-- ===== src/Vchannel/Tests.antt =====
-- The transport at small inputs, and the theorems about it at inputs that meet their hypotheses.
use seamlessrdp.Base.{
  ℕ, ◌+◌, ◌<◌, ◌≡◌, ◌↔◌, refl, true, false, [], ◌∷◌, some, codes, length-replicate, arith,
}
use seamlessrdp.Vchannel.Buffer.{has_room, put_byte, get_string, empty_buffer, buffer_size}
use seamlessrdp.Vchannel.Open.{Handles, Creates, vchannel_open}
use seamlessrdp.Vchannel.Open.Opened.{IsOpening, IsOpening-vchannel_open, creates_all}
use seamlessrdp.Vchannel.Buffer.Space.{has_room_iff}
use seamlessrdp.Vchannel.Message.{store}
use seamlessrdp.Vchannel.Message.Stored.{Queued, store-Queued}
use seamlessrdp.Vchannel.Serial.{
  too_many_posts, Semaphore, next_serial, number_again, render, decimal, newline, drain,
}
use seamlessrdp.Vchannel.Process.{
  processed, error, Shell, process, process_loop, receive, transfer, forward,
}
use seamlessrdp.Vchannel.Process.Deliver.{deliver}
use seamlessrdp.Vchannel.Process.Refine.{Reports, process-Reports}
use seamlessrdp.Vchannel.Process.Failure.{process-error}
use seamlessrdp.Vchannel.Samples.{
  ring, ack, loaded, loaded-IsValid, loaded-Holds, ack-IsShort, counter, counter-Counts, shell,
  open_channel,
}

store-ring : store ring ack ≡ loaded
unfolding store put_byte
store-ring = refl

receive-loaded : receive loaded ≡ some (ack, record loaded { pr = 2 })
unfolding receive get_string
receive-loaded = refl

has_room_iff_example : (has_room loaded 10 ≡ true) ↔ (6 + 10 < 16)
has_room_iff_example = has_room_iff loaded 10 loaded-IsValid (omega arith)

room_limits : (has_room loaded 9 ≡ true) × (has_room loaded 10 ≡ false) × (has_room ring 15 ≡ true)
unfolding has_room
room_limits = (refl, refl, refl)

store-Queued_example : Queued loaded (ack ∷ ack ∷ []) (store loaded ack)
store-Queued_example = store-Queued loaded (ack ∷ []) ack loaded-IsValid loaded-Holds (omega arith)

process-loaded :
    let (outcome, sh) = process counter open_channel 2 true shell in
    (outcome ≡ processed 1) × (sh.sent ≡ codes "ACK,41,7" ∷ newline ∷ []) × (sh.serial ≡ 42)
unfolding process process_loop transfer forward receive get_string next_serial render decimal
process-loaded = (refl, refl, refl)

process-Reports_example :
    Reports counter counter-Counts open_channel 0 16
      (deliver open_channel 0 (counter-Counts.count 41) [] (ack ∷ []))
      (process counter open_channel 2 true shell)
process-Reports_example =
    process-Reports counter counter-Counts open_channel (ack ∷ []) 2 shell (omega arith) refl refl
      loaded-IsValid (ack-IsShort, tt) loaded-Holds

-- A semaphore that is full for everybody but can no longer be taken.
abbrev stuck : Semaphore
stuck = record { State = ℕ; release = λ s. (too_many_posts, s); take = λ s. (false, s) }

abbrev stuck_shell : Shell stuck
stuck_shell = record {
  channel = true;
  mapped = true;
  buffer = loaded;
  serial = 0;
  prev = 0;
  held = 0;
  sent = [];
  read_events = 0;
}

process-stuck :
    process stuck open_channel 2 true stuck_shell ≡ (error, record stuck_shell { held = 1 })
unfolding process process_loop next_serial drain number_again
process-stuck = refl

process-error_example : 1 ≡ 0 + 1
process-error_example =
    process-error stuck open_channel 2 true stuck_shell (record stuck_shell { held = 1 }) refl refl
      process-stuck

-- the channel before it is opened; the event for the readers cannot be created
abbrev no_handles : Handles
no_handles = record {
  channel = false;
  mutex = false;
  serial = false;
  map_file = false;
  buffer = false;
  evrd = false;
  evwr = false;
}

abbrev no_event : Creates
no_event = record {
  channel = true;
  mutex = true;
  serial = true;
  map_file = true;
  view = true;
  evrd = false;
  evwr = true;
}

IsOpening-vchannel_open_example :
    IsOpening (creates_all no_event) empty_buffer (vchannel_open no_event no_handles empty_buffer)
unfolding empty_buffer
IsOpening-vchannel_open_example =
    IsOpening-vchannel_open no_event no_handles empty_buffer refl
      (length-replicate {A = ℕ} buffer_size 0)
####
Try it: Output exactly the lines of the records from the first through the one bearing "has_room_iff_example : (has_room", both ends included.

Answer to this task:
-- ===== src/Vchannel/Tests.antt =====
-- The transport at small inputs, and the theorems about it at inputs that meet their hypotheses.
use seamlessrdp.Base.{
  ℕ, ◌+◌, ◌<◌, ◌≡◌, ◌↔◌, refl, true, false, [], ◌∷◌, some, codes, length-replicate, arith,
}
use seamlessrdp.Vchannel.Buffer.{has_room, put_byte, get_string, empty_buffer, buffer_size}
use seamlessrdp.Vchannel.Open.{Handles, Creates, vchannel_open}
use seamlessrdp.Vchannel.Open.Opened.{IsOpening, IsOpening-vchannel_open, creates_all}
use seamlessrdp.Vchannel.Buffer.Space.{has_room_iff}
use seamlessrdp.Vchannel.Message.{store}
use seamlessrdp.Vchannel.Message.Stored.{Queued, store-Queued}
use seamlessrdp.Vchannel.Serial.{
  too_many_posts, Semaphore, next_serial, number_again, render, decimal, newline, drain,
}
use seamlessrdp.Vchannel.Process.{
  processed, error, Shell, process, process_loop, receive, transfer, forward,
}
use seamlessrdp.Vchannel.Process.Deliver.{deliver}
use seamlessrdp.Vchannel.Process.Refine.{Reports, process-Reports}
use seamlessrdp.Vchannel.Process.Failure.{process-error}
use seamlessrdp.Vchannel.Samples.{
  ring, ack, loaded, loaded-IsValid, loaded-Holds, ack-IsShort, counter, counter-Counts, shell,
  open_channel,
}

store-ring : store ring ack ≡ loaded
unfolding store put_byte
store-ring = refl

receive-loaded : receive loaded ≡ some (ack, record loaded { pr = 2 })
unfolding receive get_string
receive-loaded = refl

has_room_iff_example : (has_room loaded 10 ≡ true) ↔ (6 + 10 < 16)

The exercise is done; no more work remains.